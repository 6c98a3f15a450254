-- ===== src/Proxy/Request/Line.antt =====
-- What `sscanf` makes of a request line.
use ece.Prelude.{ℕ, ◌≡◌, refl, some, ◌∷◌, ◌++◌, Bytes, arith, true}
use ece.CString.{is_space, scan_word, span}
use ece.CString.Scan.{IsBlankless, scan_word-append}
use ece.Proxy.Request.{scan_request}

-- White space in front of a word is skipped.
scan_word-space : (c : ℕ) (s : Bytes) → is_space c ≡ true → scan_word (c ∷ s) ≡ scan_word s
unfolding scan_word span
scan_word-space c s h = ground arith

-- A request line with three words gives them back, whatever follows the carriage return.
pub scan_request-words :
    (m u v rest : Bytes)
    → IsBlankless m
    → IsBlankless u
    → IsBlankless v
    → scan_request (m ++ b' ' ∷ (u ++ b' ' ∷ (v ++ b'\r' ∷ rest)))
      ≡ record { method = some m; url = some u; version = some v }
unfolding scan_request
scan_request-words m u v rest hm hu hv = ground (
  arith,
  scan_word-append m (b' ' ∷ (u ++ b' ' ∷ (v ++ b'\r' ∷ rest))) hm refl,
  scan_word-space b' ' (u ++ b' ' ∷ (v ++ b'\r' ∷ rest)) refl,
  scan_word-append u (b' ' ∷ (v ++ b'\r' ∷ rest)) hu refl,
  scan_word-space b' ' (v ++ b'\r' ∷ rest) refl,
  scan_word-append v (b'\r' ∷ rest) hv refl,
)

==================================================

Only the lines from the one with "method = some" through the end of the material are wanted; copy them exactly, both ends included.

      ≡ record { method = some m; url = some u; version = some v }
unfolding scan_request
scan_request-words m u v rest hm hu hv = ground (
  arith,
  scan_word-append m (b' ' ∷ (u ++ b' ' ∷ (v ++ b'\r' ∷ rest))) hm refl,
  scan_word-space b' ' (u ++ b' ' ∷ (v ++ b'\r' ∷ rest)) refl,
  scan_word-append u (b' ' ∷ (v ++ b'\r' ∷ rest)) hu refl,
  scan_word-space b' ' (v ++ b'\r' ∷ rest) refl,
  scan_word-append v (b'\r' ∷ rest) hv refl,
)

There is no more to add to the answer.